Toutefois, l’équilibre défensif et la gestion des temps faibles restent des chantiers prioritaires pour une sélection encore en quête de stabilité.
🇩🇿 Algérie : vers une relance maîtrisée
Après plusieurs cycles en dents de scie, l’Algérie tente de retrouver une cohérence sportive. L’effectif mêle expérience et jeunesse, avec des joueurs capables d’apporter des solutions offensives variées.
La principale limite reste la constance dans les grands rendez-vous internationaux.
🇪🇬 Égypte : dépendance et transition
L’Égypte continue de s’appuyer largement sur Mohamed Salah, figure centrale du projet depuis plusieurs années.
Si des profils offensifs émergent, la question de la diversification du jeu reste entière, notamment face à des blocs organisés.
🇨🇩 RD Congo : un retour attendu
La qualification de la RDC marque le retour d’une nation historiquement présente dans le football africain.
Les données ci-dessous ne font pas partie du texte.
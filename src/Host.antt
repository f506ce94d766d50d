-- ===== src/Host.antt =====
-- The host system calls that core/ makes. Neither the kernel nor the verifier (lfi-verifier) is
-- part of the repository, so their answers are a parameter: an oracle that sees the calls made so
-- far and the call that is made. The calls are recorded, the latest first, so that a theorem can
-- speak of what the runtime asks of the host.
use lfi_runtime.Prelude.{ℕ, Bool, true, false, List, ◌∷◌, Option, ℤ}

-- The PROT_ and MAP_ flags of the host's headers, as sets.
pub record HostProt : Type 0 where
  pub read : Bool
  pub write : Bool
  pub exec : Bool

pub record HostFlags : Type 0 where
  pub shared : Bool
  pub private : Bool
  pub fixed : Bool
  pub anonymous : Bool

abbrev pub prot_none : HostProt
prot_none = record { read = false; write = false; exec = false }

abbrev pub prot_read : HostProt
prot_read = record { read = true; write = false; exec = false }

-- `MAP_ANONYMOUS | MAP_PRIVATE`, without and with `MAP_FIXED`
abbrev pub anon_private : HostFlags
anon_private = record { shared = false; private = true; fixed = false; anonymous = true }

abbrev pub anon_fixed : HostFlags
anon_fixed = record { shared = false; private = true; fixed = true; anonymous = true }

pub data Call : Type 0 where
  mmap : ℕ → ℕ → HostProt → HostFlags → ℤ → ℤ → Call
  munmap : ℕ → ℕ → Call
  mprotect : ℕ → ℕ → HostProt → Call
  lfiv_verify : ℕ → ℕ → Call
  malloc : Call
  mutex_init : Call
  memfd_create : Call
  ftruncate : ℕ → ℕ → Call
  close : ℕ → Call
  -- the C library on the sandbox's memory: `memcpy` from and to it, `memset`, `strnlen`
  copy_out : ℕ → ℕ → Call
  copy_in : ℕ → ℕ → Call
  memset : ℕ → ℕ → ℕ → Call
  strnlen : ℕ → ℕ → Call
  -- the old place of a mapping, its length, and its new place
  mremap : ℕ → ℕ → ℕ → Call

abbrev pub Trace : Type 0
Trace = List Call

-- `none` is the call's failure: MAP_FAILED, -1, NULL, or a region that does not verify.
abbrev pub Oracle : Type 0
Oracle = Trace → Call → Option ℕ

abbrev pub ask : Oracle → Call → Trace → Option ℕ × Trace
ask o c t = (o t c, c ∷ t)
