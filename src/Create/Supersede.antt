-- ===== src/Create/Supersede.antt =====
-- src/discode/db/accessors/supersede.py: a predecessor is released when its successor fails.
use discode.Base.{Bool, List, Option, false, none, some, update_where, ◌&&◌, ◌==◌}
use discode.Data.{Ident, Reason, Session, is_archived}

abbrev pub is_superseded_by : Ident → Option Reason → Bool
is_superseded_by sid (some (Reason.superseded successor)) = successor == sid
is_superseded_by sid _ = false

abbrev pub awaits : Ident → Session → Bool
awaits failed s = is_archived s.status && is_superseded_by failed s.status_reason

abbrev pub clear_reason : Session → Session
clear_reason s = record s { status_reason = none }

-- `release_superseded`
unfoldable pub release_superseded : Ident → List Session → List Session
release_superseded failed l = update_where (awaits failed) clear_reason l
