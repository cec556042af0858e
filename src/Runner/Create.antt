-- ===== src/Runner/Create.antt =====
-- src/discode/runner/saga_create.py: `run_create_job` and `_fail_and_notify`, as transactions with
-- what other processes do to the database between them. Building the tool's environment and the
-- in-memory session store are not modelled: turns read the database.
use discode.Base.{Bool, Option, coalesce, find, if◌then◌else◌, none, rowcount, some, ℕ, ◌&&◌, ◌==◌}
use discode.Data.{
  Call, CreateSession, Database, Envelope, EventType, Ident, Message, Producer, Reason, Session,
  Status, StreamKey, Text, TokenSource, ToolDefinition, audit, get_session, is_creating,
  update_sessions, write_outbox,
}
use discode.Config.{Settings, execution_allowed}
use discode.Paths.{Workspace, revalidate_cwd}
use discode.Create.Supersede.{release_superseded}

-- what the runner's calls get from outside: its clock and uuids, the file system, and what other
-- processes do before its next transaction
pub record World : Type 0 where
  pub call : Call
  pub realpath : Text → Text
  pub between : ℕ → Database → Database

-- the normal returns of the job, and its CreateJobError (and the policy's PermissionError)
pub data CreateJobResult : Type 0 where
  started skipped tool_missing : CreateJobResult
  rejected not_found policy_denied : CreateJobResult

-- `WHERE id = :sid AND status = 'creating'`
abbrev pub is_creating_id : Ident → Session → Bool
is_creating_id sid s = s.id == sid && is_creating s.status

abbrev pub fail_session : Reason → Session → Session
fail_session reason s = record s { status = Status.failed; status_reason = some reason }

abbrev pub notice : Ident → Ident → Option Ident → Ident → Message → Envelope
notice ikey sid guild thread message = Envelope.system_notice (record {
  idempotency_key = ikey;
  session_id = sid;
  guild_id = guild;
  thread_id = thread;
  message = message;
})

-- `_fail_and_notify`, one transaction
unfoldable pub fail_and_notify : Call → CreateSession → Reason → Database → Database
unfolding release_superseded
fail_and_notify c p reason db =
    let failed = update_sessions (is_creating_id p.session_id) (fail_session reason) db in
    let released = record failed { sessions = release_superseded p.session_id failed.sessions } in
    if rowcount (is_creating_id p.session_id) db.sessions == 0
    then db
    else write_outbox c.now Producer.runner StreamKey.discord_outbound
        (notice (c.uuid 0) p.session_id (some p.guild_id) p.thread_id
          (Message.create_failed reason))
        (audit c.now EventType.create_failed (some p.guild_id) p.session_id none released)

-- `adapter.mint_initial_token()`
abbrev pub mint_initial_token : Call → ToolDefinition → Option Ident
mint_initial_token c d = elim d.resume_token_source [
  | TokenSource.caller_uuid ↦ some (c.uuid 0)
  | _ ↦ none
]

-- `get_adapter`: the enabled tool of that name
abbrev pub get_adapter : Ident → Database → Option ToolDefinition
get_adapter name db = find (λ d. d.name == name && d.enabled) db.tool_definitions

abbrev pub set_running : Call → Ident → CreateSession → Option Ident → Session → Session
set_running c host p token s = record s {
  status = Status.running;
  host_id = some host;
  running_at = some c.now;
  hook_secret_ciphertext = some p.hook_secret_ciphertext;
  recovery_checked_at = some c.now;
  tool_resume_token = coalesce token s.tool_resume_token;
}

-- the last transaction: the session runs, if it is still in 'creating'; another match count than
-- one commits the UPDATE without a notice
unfoldable pub start_running :
    Call → Ident → CreateSession → Option Ident → Database → Database × CreateJobResult
start_running c host p token db =
    let running = update_sessions (is_creating_id p.session_id) (set_running c host p token) db in
    if rowcount (is_creating_id p.session_id) db.sessions == 1
    then (
      write_outbox c.now Producer.runner StreamKey.discord_outbound
          (notice (c.uuid 1) p.session_id (some p.guild_id) p.thread_id Message.session_ready)
          (audit c.now EventType.create_running (some p.guild_id) p.session_id none running),
      CreateJobResult.started,
    )
    else (running, CreateJobResult.skipped)

-- after the workspace was found to be allowed
abbrev pub prepare : World → Ident → CreateSession → Database → Database × CreateJobResult
prepare w host p db = elim (get_adapter p.tool db) [
  | none ↦ (
    fail_and_notify w.call p Reason.tool_unavailable (w.between 1 db),
    CreateJobResult.tool_missing,
  )
  | some d ↦
      start_running w.call host p (coalesce p.resume_token (mint_initial_token w.call d))
        (w.between 1 db)
]

unfoldable pub run_create_job :
    Settings → World → Ident → CreateSession → Database → Database × CreateJobResult
run_create_job cfg w host p db =
    let checked : Database × CreateJobResult = elim (get_session p.session_id db) [
      | none ↦ (db, CreateJobResult.not_found)
      | some s ↦
          if is_creating s.status
          then elim (revalidate_cwd w.realpath p.cwd_realpath p.guild_id p.owner_id host db) [
            | Workspace.allowed real ↦ prepare w host p (w.between 0 db)
            | _ ↦ (
              fail_and_notify w.call p Reason.cwd_invalid (w.between 0 db),
              CreateJobResult.rejected,
            )
          ]
          else (db, CreateJobResult.skipped)
    ] in
    if execution_allowed cfg then checked else (db, CreateJobResult.policy_denied)
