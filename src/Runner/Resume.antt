-- ===== src/Runner/Resume.antt =====
-- src/discode/runner/resume_runner.py: `run_resume_job`. The session store in memory is not
-- modelled: turns read the database.
use discode.Base.{
  Bool, Option, if◌then◌else◌, is_set, none, or_text, rowcount, some, true, ℕ, ◌&&◌, ◌==◌, ◌=?◌,
  ◌||◌,
}
use discode.Data.{
  Call, Database, Envelope, Ident, LifecycleJob, Message, Producer, Reason, Session, Status,
  StreamKey, get_session, is_resuming, update_sessions, write_outbox,
}
use discode.Paths.{Workspace, revalidate_cwd}
use discode.Runner.Create.{World, fail_session, get_adapter, mint_initial_token}

-- True, False, and the UnknownTool that `get_adapter` raises
pub data Resumed : Type 0 where
  resumed refused raised : Resumed

-- `WHERE id=:sid AND lifecycle_version=:version AND status='resuming'`
abbrev pub is_resuming_at : Ident → ℕ → Session → Bool
is_resuming_at sid version s = s.id == sid && s.lifecycle_version == version && is_resuming s.status

abbrev pub final_notice : Ident → Ident → Option Ident → Ident → Message → Envelope
final_notice ikey sid guild thread message = Envelope.terminal_notice (record {
  idempotency_key = ikey;
  session_id = sid;
  guild_id = guild;
  thread_id = thread;
  message = message;
  then_archive = true;
})

abbrev pub tell_channel : Call → Envelope → Database → Database
tell_channel c e = write_outbox c.now Producer.runner StreamKey.discord_outbound e

abbrev pub orphan_session : Reason → Session → Session
orphan_session reason s = record s { status = Status.orphaned; status_reason = some reason }

abbrev pub finish_resume : Call → Option Ident → Session → Session
finish_resume c token s = record s {
  status = Status.running;
  last_activity_at = c.now;
  tool_resume_token = token;
}

-- `guild_id or (db_guild_id or "")`
abbrev pub notice_guild : LifecycleJob → Session → Option Ident
notice_guild p s = some (or_text p.guild_id (or_text s.guild_id 0))

-- the transaction of a workspace that is no longer allowed
abbrev pub refuse_resume : Call → LifecycleJob → Session → Database → Database
refuse_resume c p s db =
    let failed =
      update_sessions (is_resuming_at p.session_id s.lifecycle_version)
        (fail_session Reason.cwd_invalid) db in
    let matched = rowcount (is_resuming_at p.session_id s.lifecycle_version) db.sessions in
    if matched == 0 || or_text s.thread_id 0 == 0
    then failed
    else tell_channel c
        (final_notice (c.uuid 0) p.session_id (notice_guild p s) (or_text s.thread_id 0)
          Message.resume_cwd_denied)
        failed

-- the transaction that sets the session running
abbrev pub complete_resume :
    Call → LifecycleJob → Session → Option Ident → Database → Database × Resumed
complete_resume c p s token db =
    if rowcount (is_resuming_at p.session_id s.lifecycle_version) db.sessions == 0
    then (db, Resumed.refused)
    else (
      update_sessions (is_resuming_at p.session_id s.lifecycle_version) (finish_resume c token) db,
      Resumed.resumed,
    )

-- the handler of an exception in that transaction, which is rolled back
abbrev pub abandon_resume : Call → LifecycleJob → Session → Database → Database
abandon_resume c p s db =
    tell_channel c
      (final_notice (c.uuid 0) p.session_id (notice_guild p s) (or_text s.thread_id 0)
        Message.resume_failed)
      (update_sessions (is_resuming_at p.session_id s.lifecycle_version)
        (orphan_session Reason.runner_lost) db)

-- the token of the row, or one that the tool mints
pub data Token : Type 0 where
  known : Option Ident → Token
  unknown_tool : Token

abbrev pub resume_token : Call → Session → Database → Token
resume_token c s db =
    if is_set s.tool_resume_token
    then Token.known s.tool_resume_token
    else elim (get_adapter s.tool db) [
      | none ↦ Token.unknown_tool
      | some d ↦ Token.known (mint_initial_token c d)
    ]

-- `commits` says whether the last transaction goes through
abbrev pub resume_session : World → Bool → LifecycleJob → Session → Database → Database × Resumed
resume_session w commits p s db = elim (resume_token w.call s (w.between 1 db)) [
  | Token.unknown_tool ↦ (w.between 1 db, Resumed.raised)
  | Token.known token ↦
      let last = w.between 2 (w.between 1 db) in
      if commits
      then complete_resume w.call p s token last
      else (abandon_resume w.call p s last, Resumed.refused)
]

abbrev pub is_job_version : Option ℕ → Session → Bool
is_job_version version s = version =? s.lifecycle_version

-- `SELECT ... WHERE id = :sid AND host_id = :hid AND status = 'resuming'`, and the version test
abbrev pub takes_resume : Ident → LifecycleJob → Session → Bool
takes_resume host p s =
    s.host_id =? host && is_resuming s.status && is_job_version p.lifecycle_version s

-- by the answer about the workspace
abbrev pub resume_checked :
    World → Bool → LifecycleJob → Session → Workspace → Database → Database × Resumed
resume_checked w commits p s (Workspace.allowed real) db = resume_session w commits p s db
resume_checked w commits p s _ db = (refuse_resume w.call p s (w.between 1 db), Resumed.refused)

unfoldable pub run_resume_job : World → Bool → Ident → LifecycleJob → Database → Database × Resumed
run_resume_job w commits host p db = elim (get_session p.session_id db) [
  | none ↦ (db, Resumed.refused)
  | some s ↦
      let guild = or_text s.guild_id (or_text p.guild_id 0) in
      if takes_resume host p s
      then resume_checked w commits p s
          (revalidate_cwd w.realpath s.cwd_realpath guild (or_text s.owner_id 0) host
            (w.between 0 db))
          (w.between 0 db)
      else (db, Resumed.refused)
]
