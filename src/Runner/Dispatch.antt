-- ===== src/Runner/Dispatch.antt =====
-- src/discode/runner/main.py: `dispatch_runner_job`, on an envelope that parses. The cached session
-- context it drops is not modelled: turns read the database.
use discode.Base.{Bool, List, Option, false, if◌then◌else◌, none, some, ℕ, ◌&&◌, ◌==◌, ◌=?◌}
use discode.Data.{
  Database, Envelope, Ident, LifecycleJob, Session, Status, get_session, is_stopping,
  update_sessions,
}
use discode.Config.{Settings}
use discode.Turn.Job.{Outcome, Outside, Phase}
use discode.Turn.Progress.{run_job}
use discode.Runner.Create.{CreateJobResult, World, run_create_job}
use discode.Runner.Resume.{Resumed, is_job_version, run_resume_job}

-- True (acknowledge), False (leave pending), an exception
pub data Handled : Type 0 where
  handled pending raised : Handled

-- `locked` says whether the session's advisory lock was free, `commits` whether the last transaction
-- of a resume goes through, and `turn_answers` what a turn meets outside
pub record Delivery : Type 0 where
  pub world : World
  pub locked : Bool
  pub commits : Bool
  pub turn_answers : List (Outside × (Database → Database))

abbrev pub after_create : CreateJobResult → Handled
after_create CreateJobResult.rejected = Handled.raised
after_create CreateJobResult.not_found = Handled.raised
after_create CreateJobResult.policy_denied = Handled.raised
after_create _ = Handled.handled

abbrev pub after_resume : Resumed → Handled
after_resume Resumed.raised = Handled.raised
after_resume _ = Handled.handled

-- an unfinished job is one that its process left
abbrev pub after_input : Phase → Handled
after_input (Phase.finished Outcome.deferred) = Handled.pending
after_input (Phase.finished Outcome.raised) = Handled.raised
after_input (Phase.finished _) = Handled.handled
after_input _ = Handled.pending

-- the session is on this host, in the version of the job
abbrev pub has_job_version : Ident → LifecycleJob → Database → Bool
has_job_version host p db = elim (get_session p.session_id db) [
  | none ↦ false
  | some s ↦ s.host_id =? host && is_job_version p.lifecycle_version s
]

abbrev pub is_stopping_at : Ident → Option ℕ → Session → Bool
is_stopping_at sid version s = s.id == sid && is_stopping s.status && is_job_version version s

abbrev pub set_stopped : Session → Session
set_stopped s = record s { status = Status.stopped }

abbrev pub stop_session : LifecycleJob → Database → Database
stop_session p db = update_sessions (is_stopping_at p.session_id p.lifecycle_version) set_stopped db

abbrev pub resume_job : Delivery → Ident → LifecycleJob → Database → Database × Handled
resume_job v host p db =
    let (db', result) = run_resume_job v.world v.commits host p db in (db', after_resume result)

unfoldable pub dispatch_runner_job :
    Settings → Delivery → Ident → Envelope → Database → Database × Handled
dispatch_runner_job cfg v host (Envelope.create_session p) db =
    let (db', result) = run_create_job cfg v.world host p db in (db', after_create result)
dispatch_runner_job cfg v host (Envelope.send_input p) db =
    let (db', ph) = run_job cfg p v.turn_answers Phase.checking db in
    if v.locked then (db', after_input ph) else (db, Handled.pending)
dispatch_runner_job cfg v host (Envelope.stop_session p) db =
    if has_job_version host p db
    then (stop_session p db, Handled.handled)
    else (db, Handled.handled)
dispatch_runner_job cfg v host (Envelope.restart_session p) db =
    if has_job_version host p db
    then if v.locked then resume_job v host p db else (db, Handled.pending)
    else (db, Handled.handled)
dispatch_runner_job cfg v host (Envelope.resume_session p) db = resume_job v host p db
dispatch_runner_job cfg v host _ db = (db, Handled.handled)
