-- ===== src/Dispatcher/Handlers.antt =====
-- src/discode/dispatcher/main.py: `dispatch_discord_envelope` and the handlers it calls,
-- src/discode/dispatcher/handlers/{terminal_notice,archive_thread}.py. A handler makes up to two calls of the gate or of the database; `between`
-- is what other processes do to the database between them, and each call of the gate has its own
-- attempt.
use discode.Base.{Bool, false, if◌then◌else◌, none, some, true, ◌++◌, ◌==◌, ◌||◌}
use discode.Data.{
  ArchiveThread, Database, Envelope, EnvelopeType, Ident, KeyText, Message, Reason, Session, Slot,
  SystemNotice, TerminalNotice, Text, Time, get_session, has_id, is_live, update_sessions,
}
use discode.Text.{codes, is_empty}
use discode.Runner.Dispatch.{Handled}
use discode.Dispatcher.Claim.{Action, Attempt, Outbound, claim_act_finalize, send}

-- how the calls of one delivery go
pub record Course : Type 0 where
  pub now : Time
  pub first : Attempt
  pub second : Attempt
  pub between : Database → Database

abbrev pub others : (Database → Database) → Outbound → Outbound
others f w = record w { db = f w.db }

abbrev record_archive : Time → Session → Session
record_archive now s = record s {
  discord_thread_archived_at = some now;
  thread_archive_requested_at = some now;
}

-- `finalize` of an archive: `UPDATE sessions ... WHERE id = :sid`
abbrev pub finalize_archive : Time → Ident → Database → Database
finalize_archive now sid db = update_sessions (has_id sid) (record_archive now) db

abbrev pub keep_all : Database → Database
keep_all db = db

abbrev pub notice_slot : Ident → Slot
notice_slot k = record { envelope_type = EnvelopeType.notice_post; key = KeyText.post k }

abbrev pub notice_archive_slot : Ident → Slot
notice_archive_slot k = record {
  envelope_type = EnvelopeType.notice_archive;
  key = KeyText.archive k;
}

abbrev pub archive_slot : Ident → Slot
archive_slot k = record { envelope_type = EnvelopeType.archive_thread; key = KeyText.plain k }

abbrev pub system_slot : Ident → Slot
system_slot k = record { envelope_type = EnvelopeType.system_notice; key = KeyText.plain k }

-- a call that an exception of the one before keeps from running
abbrev pub then_call : Outbound × Bool → (Outbound → Outbound × Bool) → Outbound × Bool
then_call (w, true) next = next w
then_call (w, false) next = (w, false)

-- Stage 1: post
abbrev pub post_stage : Course → TerminalNotice → Text → Outbound → Outbound × Bool
post_stage c n text w =
    if is_empty text
    then (w, true)
    else claim_act_finalize c.now (notice_slot n.idempotency_key) n.session_id
        (Action.post n.thread_id text (some (KeyText.post n.idempotency_key))) keep_all c.first w

-- Stage 2: archive if requested
abbrev pub archive_stage : Course → TerminalNotice → Outbound → Outbound × Bool
archive_stage c n w =
    if n.then_archive
    then claim_act_finalize c.now (notice_archive_slot n.idempotency_key) n.session_id
        (Action.archive n.thread_id) (finalize_archive c.now n.session_id) c.second
        (others c.between w)
    else (w, true)

unfoldable pub handle_terminal_notice : Course → TerminalNotice → Text → Outbound → Outbound × Bool
handle_terminal_notice c n text w = then_call (post_stage c n text w) (archive_stage c n)

-- `status in _LIVE_STATUSES` of the session that the archive is for
abbrev pub is_live_session : Ident → Database → Bool
is_live_session sid db =
    if sid == 0
    then false
    else elim (get_session sid db) [ none ↦ false | some s ↦ is_live s.status ]

unfoldable pub handle_archive_thread : Course → ArchiveThread → Outbound → Outbound × Bool
handle_archive_thread c a w =
    if is_live_session a.session_id w.db
    then (w, true)
    else claim_act_finalize c.now (archive_slot a.idempotency_key) a.session_id
        (Action.archive a.thread_id) (finalize_archive c.now a.session_id) c.first
        (others c.between w)

-- `_CREATE_FAILURE_TEXT.get(message, message or "unknown error")`, where `reason_text` is the text
-- that a reason is sent as
abbrev pub failure_text : (Reason → Text) → Reason → Text
failure_text reason_text Reason.creation_timeout = codes "the runner did not respond in time"
failure_text reason_text Reason.cwd_invalid =
    codes "the workspace is not an allowed root on the runner"
failure_text reason_text Reason.tool_unavailable = codes "the tool is unknown or disabled"
failure_text reason_text r =
    if is_empty (reason_text r) then codes "unknown error" else reason_text r

-- `_render_notice`, and the texts that the producers of the other notices write
unfoldable pub render_notice : (Reason → Text) → Message → Text
render_notice reason_text Message.session_ready =
    codes "✅ Session ready. Send your messages in this thread."
render_notice reason_text (Message.create_failed reason) =
    codes "❌ Session could not start: " ++ failure_text reason_text reason ++ codes "."
render_notice reason_text Message.resume_timed_out = codes "Session resume timed out."
render_notice reason_text Message.resume_failed = codes "Session resume failed."
render_notice reason_text Message.resume_cwd_denied =
    codes "Session resume failed: the workspace is no longer an allowed root on the runner."
render_notice reason_text Message.host_lost = codes "Runner host lost. Session terminated."

-- a notice without a key is posted without the gate
abbrev pub post_ungated : Ident → Text → Attempt → Outbound → Outbound × Bool
post_ungated thread text Attempt.raised w = (w, false)
post_ungated thread text Attempt.lost w =
    (send (record { sent_for = none; action = Action.post thread text none }) w, false)
post_ungated thread text Attempt.replied w =
    (send (record { sent_for = none; action = Action.post thread text none }) w, true)

unfoldable pub handle_system_notice : Course → SystemNotice → Text → Outbound → Outbound × Bool
handle_system_notice c n text w =
    if n.thread_id == 0 || is_empty text
    then (w, true)
    else if n.idempotency_key == 0
    then post_ungated n.thread_id text c.first w
    else claim_act_finalize c.now (system_slot n.idempotency_key) n.session_id
        (Action.post n.thread_id text (some (KeyText.plain n.idempotency_key))) keep_all c.first w

-- the stream's entries: an envelope that parses, the retired kind, an unknown kind, and one whose
-- payload is missing or no object
pub data Fields : Type 0 where
  payload : Envelope → Fields
  output_chunk unknown_type malformed : Fields

abbrev pub with_answer : Outbound × Bool → Outbound × Handled
with_answer (w, true) = (w, Handled.handled)
with_answer (w, false) = (w, Handled.raised)

abbrev pub dispatch_payload : (Reason → Text) → Course → Envelope → Outbound → Outbound × Handled
dispatch_payload reason_text c (Envelope.system_notice n) w =
    with_answer (handle_system_notice c n (render_notice reason_text n.message) w)
dispatch_payload reason_text c (Envelope.terminal_notice n) w =
    with_answer (handle_terminal_notice c n (render_notice reason_text n.message) w)
dispatch_payload reason_text c (Envelope.archive_thread a) w =
    with_answer (handle_archive_thread c a w)
dispatch_payload reason_text c e w = (w, Handled.pending)

unfoldable pub dispatch_discord_envelope :
    (Reason → Text) → Course → Fields → Outbound → Outbound × Handled
dispatch_discord_envelope reason_text c (Fields.payload e) w = dispatch_payload reason_text c e w
dispatch_discord_envelope reason_text c Fields.output_chunk w = (w, Handled.handled)
dispatch_discord_envelope reason_text c Fields.unknown_type w = (w, Handled.pending)
dispatch_discord_envelope reason_text c Fields.malformed w = (w, Handled.raised)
Solide défensivement et disciplinée tactiquement, la sélection congolaise s’appuie sur un groupe issu en grande partie de la diaspora.
La capacité à convertir les occasions reste l’un des principaux enjeux.
🇿🇦 Afrique du Sud : la force du collectif
Discrète mais structurée, l’Afrique du Sud mise sur la cohésion d’un groupe homogène et discipliné. Le projet repose sur une organisation tactique stable, mais souffre d’un manque d’efficacité offensive.
🇬🇭 Ghana : une dynamique fragile
Le Ghana aborde la compétition dans un contexte d’incertitude sportive. Malgré des individualités reconnues, la stabilité collective reste limitée.
La préparation et les blessures pèsent sur les ambitions des Black Stars.
🇹🇳 Tunisie : une rigueur défensive en question
La Tunisie conserve une identité marquée par la discipline défensive. Toutefois, les difficultés offensives observées ces dernières années interrogent sur la capacité de la sélection à franchir un cap.
🇨🇻 Cap-Vert : une première historique
La qualification du Cap-Vert constitue l’un des faits marquants de cette édition. Portée par une génération issue de la diaspora, la sélection insulaire découvre la scène mondiale sans véritable pression.
L’objectif sera avant tout de s’installer durablement dans la compétition.
Avec dix représentants, l’Afrique aborde la Coupe du monde 2026 dans une position inédite. Si certaines sélections comme le Maroc ou le Sénégal semblent mieux armées pour rivaliser, l’ensemble du continent espère transformer cette présence élargie en performances concrètes.
Au-delà des résultats, cette édition constituera un indicateur clé de la progression structurelle du football africain au plus haut niveau.